*** Opening of Listed entries ***

-- ===== src/Netlist/Modules.antt =====
-- A document of several modules, and the listings of one (src/warptap/netlist.py). The document and
-- the dictionary of `Module` objects hold the same modules.
use warptap.Base.{
  ℕ, false, List, map, Option, none, some, String, Result, ok, err, ◌≡◌, refl, same_name, length,
}
use warptap.Base.Exec.{Exec}
use warptap.Base.Dicts.{lookup, assign, lookup-assign, lookup-assign_other}
use warptap.Netlist.Data.{Bit, Port, Module, NetlistError, name_exists, no_such_name, or_empty}

-- `PortInfo`, with the bits.
pub record PortListing : Type 0 where
  pub name : String
  pub direction : String
  pub bits : List Bit

abbrev pub listing : String × Port → PortListing
listing entry = record { name = entry.0; direction = entry.1.direction; bits = entry.1.bits }

unfoldable pub list_ports : Module → List PortListing
list_ports m = map listing (or_empty m.ports)

unfoldable pub cell_count : Module → ℕ
cell_count m = length (or_empty m.cells)

pub record Netlist : Type 0 where
  pub modules : Option (List (String × Module))

abbrev pub found_module : Option Module → String → Result NetlistError Module
found_module none name = err (no_such_name name)
found_module (some m) name = ok m

unfoldable pub find_module : String → Netlist → Result NetlistError Module
find_module name netlist = found_module (lookup (or_empty netlist.modules) name) name

abbrev pub added :
    Option Module → String → Module → List (String × Module) → Result NetlistError Module × Netlist
added (some taken) name m modules = (err (name_exists name), record { modules = some modules })
added none name m modules = (ok m, record { modules = some (assign modules name m) })

unfoldable pub add_module : String → Module → Exec NetlistError Netlist Module
add_module name m netlist =
    let modules = or_empty netlist.modules in added (lookup modules name) name m modules

-- A module that was added is found, and the others are as they were.
pub find_module-add_module :
    (name other : String) (m : Module) (netlist : Netlist)
    → lookup (or_empty netlist.modules) name ≡ none
    → same_name name other ≡ false
    → (find_module name (add_module name m netlist).1 ≡ ok m)
      × (find_module other (add_module name m netlist).1 ≡ find_module other netlist)
unfolding find_module add_module
find_module-add_module name other m netlist free apart =
    let modules = or_empty netlist.modules in
    rw (free, lookup-assign modules name m, lookup-assign_other modules name other m apart)
      (refl, refl)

*** Close of Listed entries ***

• Your task
Your task is to reproduce the records in full, without any alteration.

• Finished task
-- ===== src/Netlist/Modules.antt =====
-- A document of several modules, and the listings of one (src/warptap/netlist.py). The document and
-- the dictionary of `Module` objects hold the same modules.
use warptap.Base.{
  ℕ, false, List, map, Option, none, some, String, Result, ok, err, ◌≡◌, refl, same_name, length,
}
use warptap.Base.Exec.{Exec}
use warptap.Base.Dicts.{lookup, assign, lookup-assign, lookup-assign_other}
use warptap.Netlist.Data.{Bit, Port, Module, NetlistError, name_exists, no_such_name, or_empty}

-- `PortInfo`, with the bits.
pub record PortListing : Type 0 where
  pub name : String
  pub direction : String
  pub bits : List Bit

abbrev pub listing : String × Port → PortListing
listing entry = record { name = entry.0; direction = entry.1.direction; bits = entry.1.bits }

unfoldable pub list_ports : Module → List PortListing
list_ports m = map listing (or_empty m.ports)

unfoldable pub cell_count : Module → ℕ
cell_count m = length (or_empty m.cells)

pub record Netlist : Type 0 where
  pub modules : Option (List (String × Module))

abbrev pub found_module : Option Module → String → Result NetlistError Module
found_module none name = err (no_such_name name)
found_module (some m) name = ok m

unfoldable pub find_module : String → Netlist → Result NetlistError Module
find_module name netlist = found_module (lookup (or_empty netlist.modules) name) name

abbrev pub added :
    Option Module → String → Module → List (String × Module) → Result NetlistError Module × Netlist
added (some taken) name m modules = (err (name_exists name), record { modules = some modules })
added none name m modules = (ok m, record { modules = some (assign modules name m) })

unfoldable pub add_module : String → Module → Exec NetlistError Netlist Module
add_module name m netlist =
    let modules = or_empty netlist.modules in added (lookup modules name) name m modules

-- A module that was added is found, and the others are as they were.
pub find_module-add_module :
    (name other : String) (m : Module) (netlist : Netlist)
    → lookup (or_empty netlist.modules) name ≡ none
    → same_name name other ≡ false
    → (find_module name (add_module name m netlist).1 ≡ ok m)
      × (find_module other (add_module name m netlist).1 ≡ find_module other netlist)
unfolding find_module add_module
find_module-add_module name other m netlist free apart =
    let modules = or_empty netlist.modules in
    rw (free, lookup-assign modules name m, lookup-assign_other modules name other m apart)
      (refl, refl)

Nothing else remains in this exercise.